Investigation of Pitch and Tone Preference of Preschool Children in Mandarin

Behav. Sci. 2026, 16(3), 460; https://doi.org/10.3390/bs16030460
by Minmin Yin 1,2, Surina Zhang 1,2,3,4, Hongyun Zhu 5, Jieyi Huang 1,2, Shengnan Ge 6 and Baoming Li 1,3,4,*
Reviewer 1: Anonymous
Reviewer 2: Anonymous
Reviewer 3: Anonymous
Reviewer 4: Anonymous
Behav. Sci. 2026, 16(3), 460; https://doi.org/10.3390/bs16030460
Submission received: 6 January 2026 / Revised: 13 March 2026 / Accepted: 17 March 2026 / Published: 20 March 2026

Round 1

Reviewer 1 Report

Comments and Suggestions for Authors

REVIEW ADDITIONS:  Behavioral Sciences (Manuscript ID: behavsci-4110819) 
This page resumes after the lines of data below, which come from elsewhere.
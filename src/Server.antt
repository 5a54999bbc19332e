-- ===== src/Server.antt =====
-- The handlers of push_relay/app.py over a document store.
pub mod Store
pub mod Paths
pub mod Texts
pub mod Usage
pub mod Auth
pub mod Tickets
pub mod Registrations
pub mod Activations
pub mod Tokens
pub mod Ownership
pub mod Memory
pub mod Calls
pub mod Runs
pub mod Delivery
pub mod Refusals
pub mod Holds
pub mod Replay
pub mod Claims
pub mod Exchange
pub mod Events
pub mod Snapshots
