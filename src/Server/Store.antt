-- ===== src/Server/Store.antt =====
-- What push_relay/app.py uses of Firestore and of its web framework. Firestore is a parameter: its
-- documents by their paths ("agents/a1/devices/d1"), with the laws that its documentation gives for
-- one client at a time. A document is a JSON object; a timestamp in it is an object with the
-- microseconds. `hash` is the hexadecimal SHA-256, and a clock reading is in microseconds. A handler
-- may raise an HTTP error, and what it wrote before stays written.
use pbxpulse_agent.Prelude.{
  ℕ, pos, negsuc, leb, ltb, String, ◌≡◌, Bool, true, false, Option, none, some, List, [], ◌∷◌, ◌==◌,
  if◌then◌else◌, concat, is_some,
}
use pbxpulse_agent.Prelude.Dict.{Dict}
use pbxpulse_agent.Json
use pbxpulse_agent.Json.{Json, Items, Fields, str, end, field}

pub record Firestore : Type 1 where
  pub Db : Type 0
  pub get : Db → String → Option Fields
  pub set : Db → String → Fields → Db
  pub delete : Db → String → Db
  -- the documents of a collection, with their ids
  pub stream : Db → String → List (String × Fields)
  pub get-set :
      (d : Db) (p : String) (doc : Fields) (q : String)
      → get (set d p doc) q ≡ (if p == q then some doc else get d q)
  pub get-delete : (d : Db) (p q : String) → get (delete d p) q ≡ (if p == q then none else get d q)

-- A notification to the devices with the tokens.
pub record Message : Type 0 where
  pub tokens : List String
  pub title : String
  pub body : String
  pub payload : Fields

-- The documents, the messages handed to FCM so far, and the event windows of the process.
pub record State (D : Type 0) : Type 0 where
  pub db : D
  pub sent : List Message
  pub event_windows : Dict (List ℕ)

-- `HTTPException` with its status and detail.
pub data Result (A : Type 0) : Type 0 where
  ok : A → Result A
  refuse : ℕ → String → Result A

abbrev pub Action : Type 0 → Type 0 → Type 0
Action D A = State D → Result A × State D

module _ {D : Type 0} where
  abbrev pub pure : {A : Type 0} → A → Action D A
  pure a s = (ok a, s)

  abbrev pub raise : {A : Type 0} → ℕ → String → Action D A
  raise status detail s = (refuse status detail, s)

  -- The action is not done if it raises before, and gives its state up to where it raises.
  unfoldable pub bind_result :
      {A B : Type 0} → Result A × State D → (A → Action D B) → Result B × State D
  bind_result (ok a, s) f = f a s
  bind_result (refuse status detail, s) f = (refuse status detail, s)

  infixl 5 ◌>>=◌ ◌>>◌
  abbrev pub ◌>>=◌ : {A B : Type 0} → Action D A → (A → Action D B) → Action D B
  ◌>>=◌ m f s = bind_result (m s) f

  abbrev pub ◌>>◌ : {A B : Type 0} → Action D A → Action D B → Action D B
  m >> k = m >>= λ _. k

  abbrev pub raise_if : Bool → ℕ → String → Action D (Unit {0})
  raise_if c status detail s = (if c then refuse status detail else ok tt, s)

  abbrev pub or_raise : {A : Type 0} → Option A → ℕ → String → Action D A
  or_raise none status detail s = (refuse status detail, s)
  or_raise (some a) status detail s = (ok a, s)

  abbrev pub lift : {A : Type 0} → Result A → Action D A
  lift r s = (r, s)

  abbrev pub gets : {A : Type 0} → (D → A) → Action D A
  gets f s = (ok (f s.db), s)

  abbrev pub modify : (D → D) → Action D (Unit {0})
  modify f s = (ok tt, record s { db = f s.db })

  -- A step only where a test holds.
  abbrev pub run_if : Bool → Action D (Unit {0}) → Action D (Unit {0})
  run_if c m s = if c then m s else (ok tt, s)

-- The values of the second object over those of the first.
unfoldable pub merged : Fields → Fields → Fields
merged d end = d
merged d (field k v rest) = merged (Json.put d k v) rest

abbrev pub fields_or : Option Fields → Fields
fields_or none = end
fields_or (some d) = d

module _ (fs : Firestore) where
  open fs use {Db, get, set}

  abbrev pub exists : Db → String → Bool
  exists d p = is_some (get d p)

  -- `set(…, merge=True)`
  abbrev pub merge_doc : String → Fields → Action Db (Unit {0})
  merge_doc p new = modify (λ d. set d p (merged (fields_or (get d p)) new))

  -- `set(…)`
  abbrev pub set_doc : String → Fields → Action Db (Unit {0})
  set_doc p new = modify (λ d. set d p new)

  -- `update(…)`: with no such document Firestore raises, which the framework answers with 500.
  unfoldable pub update_doc : String → Fields → Action Db (Unit {0})
  update_doc p new s =
      if exists s.db p
      then (ok tt, record s { db = set s.db p (merged (fields_or (get s.db p)) new) })
      else (refuse 500 "Internal Server Error", s)

  -- `create(…)`: whether it is new; `AlreadyExists` is `false`.
  unfoldable pub create_doc : String → Fields → Action Db Bool
  create_doc p new s =
      if exists s.db p then (ok false, s) else (ok true, record s { db = set s.db p new })

  abbrev pub delete_doc : String → Action Db (Unit {0})
  delete_doc p = modify (λ d. fs.delete d p)

-- A `datetime` in a document, and the test `isinstance(v, datetime)`.
unfoldable pub time : ℕ → Json
time now = Json.obj (field "timestamp" (Json.num (pos now)) end)

abbrev number_of : Json → Option ℕ
number_of (Json.num (pos n)) = some n
number_of (Json.num (negsuc n)) = none
number_of Json.null = none
number_of (Json.bool b) = none
number_of (str s) = none
number_of (Json.arr l) = none
number_of (Json.obj d) = none

unfoldable pub time_of : Json → Option ℕ
time_of (Json.obj d) = number_of (Json.get d "timestamp")
time_of Json.null = none
time_of (Json.bool b) = none
time_of (Json.num n) = none
time_of (str s) = none
time_of (Json.arr l) = none

-- `isinstance(v, datetime) and v >= at`
unfoldable pub is_from : ℕ → Json → Bool
is_from at v = elim (time_of v) [ none ↦ false | some t ↦ leb at t ]

-- `isinstance(v, datetime) and v < at`
unfoldable pub is_before : ℕ → Json → Bool
is_before at v = elim (time_of v) [ none ↦ false | some t ↦ ltb t at ]

-- Paths.
abbrev pub agent_path : String → String
agent_path agent_id = concat ("agents/" ∷ agent_id ∷ [])

abbrev pub devices_path : String → String
devices_path agent_id = concat ("agents/" ∷ agent_id ∷ "/devices" ∷ [])

abbrev pub device_path : String → String → String
device_path agent_id device_id = concat ("agents/" ∷ agent_id ∷ "/devices/" ∷ device_id ∷ [])

-- By the hash of a token.
abbrev pub token_path : String → String
token_path digest = concat ("deviceTokens/" ∷ digest ∷ [])

-- `str(pointer.get("devicePath", ""))` of a token's document
abbrev pub pointer_path : Option Fields → String
pointer_path none = ""
pointer_path (some d) = Json.text_or d "devicePath" ""
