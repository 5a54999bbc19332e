-- ===== src/Server/Texts.antt =====
-- The checks on the values of a request: the helpers `_clean_text`, `_bounded_text`,
-- `_optional_text`, `_bounded_identifier` and `_optional_identifier` of push_relay/app.py.
use pbxpulse_agent.Prelude.{
  ℕ, String, Bool, true, false, not, ◌&&◌, ◌||◌, List, [], ◌∷◌, if◌then◌else◌, concat, is_truthy,
  strip, codes, length, leb, take_text, nat_eq,
}
use pbxpulse_agent.Json
use pbxpulse_agent.Json.{Json, Fields}
use pbxpulse_agent.Server.Store.{Result, ok, refuse}

-- `str(value or "").strip()`
unfoldable pub clean : Json → String
clean value = strip (if Json.truthy value then Json.to_text value else "")

-- `_clean_text`
unfoldable pub clean_text : Json → String → Result String
unfolding clean
clean_text value name =
    if is_truthy (clean value)
    then ok (clean value)
    else refuse 400 (concat (name ∷ " is required" ∷ []))

abbrev text_length : String → ℕ
text_length s = length (codes s)

-- `_bounded_text`
unfoldable pub bounded_text : Json → String → ℕ → Result String
bounded_text value name limit =
    if not (is_truthy (clean value))
    then refuse 400 (concat (name ∷ " is required" ∷ []))
    else if leb (text_length (clean value)) limit
    then ok (clean value)
    else refuse 400 (concat (name ∷ " is too long" ∷ []))

-- `_optional_text`, whose limit is 120 where none is given
unfoldable pub optional_text : Json → ℕ → String
optional_text value limit = take_text limit (clean value)

-- `str.isalnum` of an ASCII character; any other character counts as a letter.
is_alnum : ℕ → Bool
is_alnum c =
    (leb b'0' c && leb c b'9')
    || (leb b'A' c && leb c b'Z')
    || (leb b'a' c && leb c b'z')
    || leb 128 c

-- The characters that `replace` takes out of an identifier before it is tested.
is_mark : Bool → ℕ → Bool
is_mark dots c = nat_eq c b'-' || nat_eq c b'_' || (dots && nat_eq c b'.')

all_allowed : Bool → List ℕ → Bool
all_allowed dots [] = true
all_allowed dots (c ∷ s) = (is_mark dots c || is_alnum c) && all_allowed dots s

some_alnum : Bool → List ℕ → Bool
some_alnum dots [] = false
some_alnum dots (c ∷ s) = not (is_mark dots c) || some_alnum dots s

-- `text.replace("-", "").replace("_", "").isalnum()`, with `.replace(".", "")` where `dots`: what is
-- left is not empty, and all of it is letters and digits.
unfoldable pub is_identifier : Bool → String → Bool
unfolding is_alnum is_mark all_allowed some_alnum
is_identifier dots s = all_allowed dots (codes s) && some_alnum dots (codes s)

-- `_bounded_identifier`
unfoldable pub bounded_identifier : Json → String → Result String
bounded_identifier value name =
    if not (is_truthy (clean value))
    then refuse 400 (concat (name ∷ " is required" ∷ []))
    else if leb (text_length (clean value)) 96 && is_identifier true (clean value)
    then ok (clean value)
    else refuse 400 (concat ("Invalid " ∷ name ∷ []))

-- `_optional_identifier`
unfoldable pub optional_identifier : Json → String
optional_identifier value =
    if is_truthy (clean value)
      && leb (text_length (clean value)) 96
      && is_identifier true (clean value)
    then clean value
    else ""

-- A nonce of 16 to 96 letters, digits, hyphens and underscores.
unfoldable pub is_nonce : String → Bool
is_nonce nonce =
    leb 16 (text_length nonce) && leb (text_length nonce) 96 && is_identifier false nonce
The topic of this study is of interest to scholars studying early language acquisition, as it affords analysis of the potential effects of both pitch and tone as they occur in input to Mandarin child learners. Mandarin input affords observation of both pitch and tone dimensions of speech input from adult speakers in the children’s environment. The study focusses on 3-6 year old kindergarten age children who already have acquired basic language skills in their dominant language, enabling participation in a task related set of responses that contained balanced input level across the child participants, in contrast to capacities of younger participants with less developed language and cognitive capacities. An additional strength of the study is that the author’s focus on child responses rather than adult speaker characteristics, allowing consideration of the effects of pitch and tone on children’s interest and responsiveness to language input in a critical language learning phase.  

Methods employed in constructing and executing the study were missing some aspects of detail that would enhance the reader’s understanding and precision in evaluating study results. For example, the authors describe a study population of 94 children and give a list of four participant inclusion criteria employed to select participants (page 6).  Criteria 2, 3, and 4 are listed with no information at all about how the children were tested to determine eligibility on these criteria.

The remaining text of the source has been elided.